I’ve been doing somework with scikit-learn but running code on your own computers is for chumps, why not do our machine learning
in the butt in the cloud? Here’s the offerings from a few, there are lots of others, too. This cross-service developer test is interesting data on prediction and running times.
Google Prediction API. $0.50 / 1000 predictions, $0.002/MB of training data. Focussed on training prediction models, both numeric (regression) and categorical. Didn’t see any documentation of what kind of algorithms they implement.
Amazon Machine Learning. $0.10 / 1000 predictions, $0.42 / hour for training. The FAQ says it does logistic regression, but the docs say it does both categorical and numeric predictions. They also have some data exploration tools and quality metrics.
Microsoft Azure Machine Learning. $0.50 / 1000 “API transactions”, $2 / hour. Also a per-seat charge which is completely “lol Microsoft”, I mean seriously? Offers classification but also other stuff: text analytics, vision, speech. The algorithm cheatsheet makes it look liek you have a lot of choices for basic prediction algorithms, too.

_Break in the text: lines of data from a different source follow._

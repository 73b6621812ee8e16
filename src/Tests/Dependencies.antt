-- ===== src/Tests/Dependencies.antt =====
-- The registration of dependencies in a directory in memory.
use groot_btrfs.Base.{
  ◌≡◌, ◌≢◌, refl, true, false, List, [], ◌∷◌, arith, Option, none, some, if◌then◌else◌,
}
use groot_btrfs.Base.Int.{pos}
use groot_btrfs.Base.Str.{Str, codes, eqb, eqb_iff}
use groot_btrfs.Base.Effect.{Error, Result, ok, err, not_exist, succeeded}
use groot_btrfs.Store.Dependencies.{
  DependencyManager, register, deregister, dependencies, file_path,
}
use groot_btrfs.Store.Dependencies.Laws.{
  IsFileStore, IsCodec, register-dependencies, deregister-dependencies,
}

abbrev pub Texts : Type 0
Texts = List (Str × Str)

abbrev pub text_at : Texts → Str → Option Str
text_at [] p = none
text_at ((q, text) ∷ w) p = if eqb q p then some text else text_at w p

abbrev without : Str → Texts → Texts
without p [] = []
without p ((q, text) ∷ w) = if eqb q p then without p w else (q, text) ∷ without p w

-- One id is written as it is; there is no text for more.
abbrev one_id : List Str → Result Str
one_id (id ∷ []) = ok id
one_id ids = err (Error.new (codes "not one id"))

text_at-without :
    (p q : Str) (w : Texts) → text_at (without p w) q ≡ (if eqb p q then none else text_at w q)
text_at-without p q [] = ground arith
text_at-without p q ((r, text) ∷ w) =
    ground (arith, text_at-without p q w, eqb_iff r p, eqb_iff r q, eqb_iff p q)

unfoldable manager : DependencyManager Texts
manager = record {
  dependencies_path = codes "/s/meta/dependencies";
  os = record {
    getuid = pos 0;
    getgid = pos 0;
    geteuid = pos 0;
    stat = λ p w. (err not_exist, w);
    lstat = λ p w. (err not_exist, w);
    mkdir = λ p mode w. (ok tt, w);
    mkdir_all = λ p mode w. (ok tt, w);
    chown = λ p u g w. (ok tt, w);
    chmod = λ p mode w. (ok tt, w);
    remove = λ p w. (ok tt, without p w);
    remove_all = λ p w. (ok tt, without p w);
    rename = λ from to w. (ok tt, w);
    read_dir = λ p w. (ok [], w);
    read_file = λ p w. (elim (text_at w p) [ none ↦ err not_exist | some text ↦ ok text ], w);
    write_file = λ p text mode w. (ok tt, (p, text) ∷ w);
    truncate = λ p n w. (ok tt, w);
    run = λ command arguments w. (([], ok tt), w);
  };
  marshal = one_id;
  decode = λ text. ok (text ∷ []);
}

manager-IsFileStore : IsFileStore text_at manager
unfolding manager eqb
manager-IsFileStore = record {
  rooted = refl;
  write_same = λ w p text mode e. ground (arith, eqb_iff p p);
  write_other = λ w p text q mode ne. ground (arith, eqb_iff p q);
  remove_same = λ w p e. ground (arith, text_at-without p p w, eqb_iff p p);
  remove_other = λ w p q ne. ground (arith, text_at-without p q w, eqb_iff p q);
  read_some = λ w p text h. ground arith;
  read_none = λ w p h. ground arith;
}

manager-IsCodec : IsCodec manager
unfolding manager
manager-IsCodec [] text e = ground arith
manager-IsCodec (id ∷ []) text e = ground arith
manager-IsCodec (id ∷ other ∷ ids) text e = ground arith

others : codes "image:b" ≢ codes "image:a"
unfolding eqb
others e =
    let same : eqb (codes "image:b") (codes "image:a") ≡ true =
      (eqb_iff (codes "image:b") (codes "image:a")).1 e in
    ground arith

register_run : succeeded (register manager (codes "image:a") (codes "base" ∷ []) []).0 ≡ true
unfolding register manager
register_run = refl

register-dependencies_example :
    ((dependencies manager
        (codes "image:a")
        (register manager (codes "image:a") (codes "base" ∷ []) []).1).0
      ≡ ok (codes "base" ∷ []))
    × (text_at
          (register manager (codes "image:a") (codes "base" ∷ []) []).1
          (file_path manager (codes "image:b"))
        ≡ none)
register-dependencies_example =
    register-dependencies text_at manager manager-IsFileStore (codes "image:a") (codes "image:b")
      (codes "base" ∷ []) [] manager-IsCodec refl refl others register_run

abbrev registered : Texts
registered = (codes "/s/meta/dependencies/image:a.json", codes "base") ∷ []

deregister_run : succeeded (deregister manager (codes "image:a") registered).0 ≡ true
unfolding deregister manager
deregister_run = refl

deregister-dependencies_example :
    (succeeded
        (dependencies manager
          (codes "image:a")
          (deregister manager (codes "image:a") registered).1).0
      ≡ false)
    × (text_at
          (deregister manager (codes "image:a") registered).1
          (file_path manager (codes "image:b"))
        ≡ text_at registered (file_path manager (codes "image:b")))
deregister-dependencies_example =
    deregister-dependencies text_at manager manager-IsFileStore (codes "image:a") (codes "image:b")
      registered refl refl others deregister_run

BigML: $0.10 / 1000 predictions, $0.01/MB of training data. Didn’t review what all algorithms it supports, clearly they do predictions. They’re a startup up in Portland and in Spain, with just $1.6M in funding in 4 years.
I’m not qualified to evaluate these yet. Google’s the oldest and simplest, also the most limited. Amazon’s product looks pretty simple and pretty. Microsoft’s has the most bells and whistles but you have to wade through Microsoft’s sales cluelessness. No idea on BigML but I like the idea of a startup making headway here.